Мой зад со стуком опустился на стул. Я сел не потому, что
хотел; скорее, колени подогнулись и больше не держали меня. Я всё смотрел на
линию, потом глянул в окно. С Залива вновь перевёл взгляд на линию. С линии —
на Залив.
Она пыталась нарисовать горизонт. Это был её первый рисунок.
«Да».
Я положил на колени альбом, схватил один из её карандашей.
Какой — значения не имело, лишь бы принадлежал ей. Непривычный для моих
пальцев, слишком толстый. И при этом чувствовалось, что только он годится для
такой работы. Я начал рисовать.
На Дьюма-Ки именно это получалось у меня лучше всего.
iii
Я нарисовал ребёнка, сидящего на детском стульчике. С
перевязанной головой. Со стаканом в одной руке. Другая рука обвивала шею отца.
Он был в нижней рубашке, с мыльной пеной на щеках. В отдалении — просто тень —
стояла домоправительница. На этом наброске она без браслетов, потому что
браслеты носила не всегда, но с платком на голове, с узлом впереди. Няня
Мельда, которую Либбит воспринимала почти как мать.
Либбит?
— Да, так они её звали. Так она называла себя. Либбит,
маленькая Либбит.
— Самая маленькая, — пробормотал я и перевернул первый лист
альбома. Карандаш (слишком короткий, слишком толстый, пролежавший без дела три
четверти века) был идеальным инструментом, идеальным каналом связи. Он вновь
начал рисовать.
Нарисовал эту маленькую девочку в комнате. На стене за её
спиной появились книжные стеллажи, и это был кабинет. Кабинет папочки. Девочка
сидела за столом. С забинтованной головой. В домашнем платьице. В руке держала
(тан-даш)
карандаш. Один из цветных карандашей? Вероятно, нет (тогда —
нет, ещё нет), но значения это не имело. Она нашла своё призвание, свою цель,
свою metier.
[169]
И какой же у неё от этого появился аппетит! Как же ей
хотелось есть!
Она думает: «Мне нужна ещё бумага, пожалуйста».
Она думает: «Я — ЭЛИЗАБЕТ».
— Она буквально врисовала себя в этот мир, — сказал я, и
тело покрылось гусиной кожей от макушки до пяток, потому что… разве я не сделал
то же самое? Разве я не сделал то же самое здесь, на Дьюма-Ки?

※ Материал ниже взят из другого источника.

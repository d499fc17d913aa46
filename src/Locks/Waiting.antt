-- ===== src/Locks/Waiting.antt =====
-- The wait for a lock ends.
use chiliztv_com.Base.{
  ℕ, zero, suc, ◌+◌, ◌*◌, ◌/◌, ◌≤◌, ◌<◌, ◌≡◌, Bool, true, false, Option, some, refl, arith, leb,
  if◌then◌else◌, Bool-cases, inl, inr,
}
use chiliztv_com.Locks.{wait_for, wait_poll_ms}

-- The round at `n`, from the answer of the rest.
round :
    (skips : Bool) (deadline time : ℕ) (won : Bool) (rest : Option Bool)
    → (time < deadline → (got : Bool) × (rest ≡ some got))
    → (got : Bool) × ((if won
          then some true
          else if skips
          then some false
          else if leb deadline time
          then some false
          else rest)
        ≡ some got)
round skips deadline time true rest h = (true, refl)
round true deadline time false rest h = (false, refl)
round false deadline time false rest h = elim (Bool-cases (leb deadline time)) [
  | inl e ↦ rw e (false, refl)
  | inr e ↦ rw e (h (ground arith))
]

wait_for_total :
    (fuel : ℕ) (skips : Bool) (deadline : ℕ) (tries : ℕ → Bool) (times : ℕ → ℕ) (n : ℕ)
    → ((k : ℕ) → times k + wait_poll_ms ≤ times (suc k))
    → deadline ≤ times n + wait_poll_ms * fuel
    → (got : Bool) × (wait_for (suc fuel) skips deadline tries times n ≡ some got)
unfolding wait_for
wait_for_total zero skips deadline tries times n later h =
    round skips deadline (times n) (tries n) _ (λ early. absurd (omega arith))
wait_for_total (suc fuel) skips deadline tries times n later h =
    round skips deadline (times n) (tries n) _ (λ early.
      wait_for_total fuel skips deadline tries times (suc n) later
        (let step = later n in omega arith))

-- However the attempts answer, the wait ends after at most one round for each poll of the longest wait,
-- and two more, if each sleep takes a poll or longer.
pub wait_for_ends :
    (max_wait now : ℕ) (skips : Bool) (tries : ℕ → Bool) (times : ℕ → ℕ)
    → now ≤ times 0
    → ((k : ℕ) → times k + wait_poll_ms ≤ times (suc k))
    → (got : Bool) × (wait_for (max_wait / wait_poll_ms + 2) skips (now + max_wait) tries times 0
        ≡ some got)
wait_for_ends max_wait now skips tries times started later =
    let rounds : max_wait / wait_poll_ms + 2 ≡ suc (max_wait / wait_poll_ms + 1) = omega arith in
    rw rounds (
      wait_for_total (max_wait / wait_poll_ms + 1) skips (now + max_wait) tries times 0 later
        (omega arith))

Работу я ещё не закончил. Подумал, что меня ждёт долгий и
изматывающий вечер, но чувствовал — я на пороге великих открытий, и испытывал
при этом не страх (нет, тогда страха не было), а волнение, оставляющее во рту
медный привкус.
Я наклонился и взял третий рисунок Элизабет. Четвёртый.
Пятый. Шестой. Двигался вперёд всё с большей и большей скоростью. Иногда
останавливался, чтобы рисовать, но в основном такой необходимости не было.

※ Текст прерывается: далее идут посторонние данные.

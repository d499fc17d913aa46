-- ===== src/Markets.antt =====
-- packages/domain/src/markets and the labels of packages/domain/src/blockchain-indexing/policies.
pub mod Manifest
pub mod Sorting
pub mod Labels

Картины возникали у меня в голове, и причина, по которой я не переносил их на
бумагу, не составляла тайны: Элизабет уже сделала это, давным-давно, когда
пришла в себя после несчастного случая, едва не оборвавшего её жизнь.
В счастливые дни, до того, как Новин заговорила.
iv
Во время моего интервью Мэри Айр спросила: «Открыть для себя
в среднем возрасте способность рисовать на уровне лучших художников — всё равно
что получить в подарок ключи от скоростного автомобиля?» Я ответил: «Да, что-то
вроде этого». Потом она сравнила обретение таланта с получением ключей от
полностью обставленного дома. Даже особняка. Я с ней согласился. А если бы она
продолжила? Вместо особняка предложила бы получение по наследству миллиона
акций компании «Майкрософт» или статус правителя какого-нибудь богатого нефтью
(и мирного) эмирата на Ближнем Востоке? Я бы опять ответил: да, конечно, именно
так — чтобы успокоить Мэри. Потому что вопросы эти касались прежде всего её
самой. Я видел жгучее желание в её глазах, когда она их задавала. Это были
глаза маленькой девочки, знающей, что максимум, который она может выжать из
мечты о трапеции под куполом цирка, — это попасть на дневное воскресное
представление. Мэри была художественным критиком, а многие критики, лишённые
призвания делать то, о чём пишут, в своём разочаровании становятся желчными,
завистливыми и злобными. В этом я Мэри упрекнуть не мог. Мэри любила и
художников, и созданные ими произведения искусства. Она пила виски большими
стаканами и хотела знать, каково это, когда Динь-Динь, появившаяся из ниоткуда,
хлопает тебя по плечу, и ты обнаруживаешь в себе (хотя тебе уже за пятьдесят)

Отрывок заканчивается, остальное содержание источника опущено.